The AHA Dec. 11 urged the Centers for Medicare & Medicaid Services (CMS) to revise the Electronic Health Record (EHR) Incentive Program framework to reflect experience and the need for flexibility, and delay new requirements until the health information exchange standards and infrastructure are “mature” enough for nationwide use.
To reach its goal of EHR adoption and use across a sizeable majority of eligible hospitals (EH), critical access hospitals (CAH) and eligible professionals (EP), CMS needs to reorient the program’s framework and timeframe to provide “operational and strategic flexibility for participating providers to enable them to achieve our shared national vision of an e-enabled health care system,” wrote AHA Executive Vice President Tom Nickels in comments on the Oct. 6 final rule for the EHR programs.
In releasing the final rule, CMS announced a 60-day public comment period to gather additional feedback about the incentive programs going forward.
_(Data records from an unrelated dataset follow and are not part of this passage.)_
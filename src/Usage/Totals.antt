-- ===== src/Usage/Totals.antt =====
-- What a rollup says of its rows.
use cursor_pulse.Base.{ℕ, ◌≡◌, refl, List, [], ◌∷◌, Option, arith, sum_by, keep, All, All-mono}
use cursor_pulse.Base.Dict.{Eq, Dict, nat_eq}
use cursor_pulse.Base.Sorting.{sort_by, All-sort_by, sum_by-sort_by}
use cursor_pulse.Base.Text.{text_key}
use cursor_pulse.Loans.{Credential}
use cursor_pulse.Usage.{
  Usage, Bucket, new_bucket, count_row, count_item, Maps, account_key, model_key, day_key,
  rollup_loop, rollup_proxy_usages,
}
use cursor_pulse.Usage.Tally.{
  IsTally, count_all, count_all-adds, IsCount, tally_loop, tally_loop-All, tally_loop-sum,
}

abbrev pub tokens_of : Usage → ℕ
tokens_of u = u.total_tokens

abbrev pub cents_of : Usage → ℕ
cents_of u = u.cost_cents

-- The same sums over the buckets of a list.
abbrev pub cents_in : {K : Type 0} → Dict K Bucket → ℕ
cents_in = sum_by (λ i. i.1.cost_cents)

abbrev pub tokens_in : {K : Type 0} → Dict K Bucket → ℕ
tokens_in = sum_by (λ i. i.1.total_tokens)

module _ (creds : List Credential) (day : ℕ → Option ℕ) where
  rollup_loop-maps :
      (rows : List Usage) (m : Maps)
      → ((rollup_loop creds day rows m).by_account
          ≡ tally_loop count_row (account_key creds) rows m.by_account)
        × ((rollup_loop creds day rows m).by_model ≡ tally_loop count_row model_key rows m.by_model)
        × ((rollup_loop creds day rows m).by_day
            ≡ tally_loop count_item (day_key day) rows m.by_day)
  unfolding rollup_loop
  rollup_loop-maps [] m = (refl, refl, refl)
  rollup_loop-maps (u ∷ rows) m = rollup_loop-maps rows _

count_row-IsCount : IsCount count_row
unfolding count_row
count_row-IsCount b u = (refl, refl, refl)

count_item-IsCount : IsCount count_item
unfolding count_item count_row
count_item-IsCount b u = (refl, refl, refl)

module _ (count : Bucket → Usage → Bucket) (counts : IsCount count) where
  count_all-IsTally :
      (rows : List Usage) (b : Bucket) → b ≡ count_all count new_bucket rows → IsTally rows b
  count_all-IsTally rows b e =
      let (n, t, c) = count_all-adds count counts rows new_bucket in
      rw e (omega (arith, n), omega (arith, t), omega (arith, c))

  module _ {K : Type 0} ⦃e : Eq K⦄ (key : Usage → K) (order : K × Bucket → ℕ)
      (rows : List Usage) where
    abbrev sorted : Dict K Bucket
    sorted = sort_by order (tally_loop count key rows [])

    sorted-All : All (λ i. IsTally (keep (λ u. e.beq i.0 (key u)) rows) i.1) sorted
    sorted-All = All-sort_by order _ _ (
        All-mono _ _ (λ i h. count_all-IsTally (keep (λ u. e.beq i.0 (key u)) rows) i.1 h)
          (tally_loop count key rows []) (tally_loop-All count key rows))

    sorted-cents : cents_in sorted ≡ sum_by cents_of rows
    sorted-cents =
        let kept = sum_by-sort_by order (λ i. i.1.cost_cents) (tally_loop count key rows []) in
        let summed =
          tally_loop-sum count key (λ b. b.cost_cents) cents_of refl (λ b u. (counts b u).2) rows
            [] in
        omega (arith, kept, summed)

    sorted-tokens : tokens_in sorted ≡ sum_by tokens_of rows
    sorted-tokens =
        let kept = sum_by-sort_by order (λ i. i.1.total_tokens) (tally_loop count key rows []) in
        let summed =
          tally_loop-sum count key (λ b. b.total_tokens) tokens_of refl (λ b u. (counts b u).1) rows
            [] in
        omega (arith, kept, summed)

-- A list of buckets: each has the number, the tokens and the cost of exactly the rows of its key, and all
-- of them together those of all rows.
abbrev pub IsRollup : {K : Type 0} → ⦃e : Eq K⦄ → (Usage → K) → List Usage → Dict K Bucket → Type 0
IsRollup {K} ⦃e⦄ key rows d =
    All (λ i. IsTally (keep (λ u. e.beq i.0 (key u)) rows) i.1) d
    × (tokens_in d ≡ sum_by tokens_of rows)
    × (cents_in d ≡ sum_by cents_of rows)

sorted-IsRollup :
    (count : Bucket → Usage → Bucket)
    → IsCount count
    → {K : Type 0} → ⦃e : Eq K⦄ → (key : Usage → K) (order : K × Bucket → ℕ) (rows : List Usage)
    → IsRollup key rows (sort_by order (tally_loop count key rows []))
sorted-IsRollup count counts key order rows = (
  sorted-All count counts key order rows,
  sorted-tokens count counts key order rows,
  sorted-cents count counts key order rows,
)

-- In a rollup each bucket of an account, of a model and of a day has the number, the tokens and the cost
-- of exactly the rows of its key, and each of the three lists adds up to the tokens and the cost of all
-- rows, whatever the limit on the items.
pub rollup_proxy_usages_exact :
    (creds : List Credential) (day : ℕ → Option ℕ) (rows : List Usage) (limit : ℕ)
    → let r = rollup_proxy_usages creds day rows limit in
      IsRollup (account_key creds) rows r.by_account
      × IsRollup model_key rows r.by_model
      × IsRollup (day_key day) rows r.by_day
unfolding rollup_proxy_usages
rollup_proxy_usages_exact creds day rows limit =
    let empty : Maps = record { by_account = []; by_model = []; by_day = [] } in
    let (accounts, models, days) = rollup_loop-maps creds day rows empty in
    (
      rw accounts (sorted-IsRollup count_row count_row-IsCount (account_key creds) _ rows),
      rw models (sorted-IsRollup count_row count_row-IsCount model_key _ rows),
      rw days (sorted-IsRollup count_item count_item-IsCount (day_key day) _ rows),
    )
The meaningful use incentive program, created under the 2009 HITECH Act, provides physicians and hospitals incentive payments under Medicare and Medicaid to implement EHRs, but also reduces payments for those that do not.
The final rule moves from fiscal year to calendar year reporting for all providers beginning in 2015, and offers a 90-day reporting period in 2015 for all providers, for new participants in 2016 and 2017, and for any provider moving to Stage 3 in 2017.
The AHA’s letter includes specific recommendations to improve the structure of the program, increase flexibility and base meaningful use requirements on what the association describes as “mature” standards.
In its call for structural improvements, the AHA recommended the final rule allow a reporting period of any 90 consecutive days in the first year of a new stage of meaningful use, and postpone the required start of Stage 3 until at least 2019. And the association said that an EH, EP or CAH that attests to meeting 70% of EHR requirements should be designated a meaningful user.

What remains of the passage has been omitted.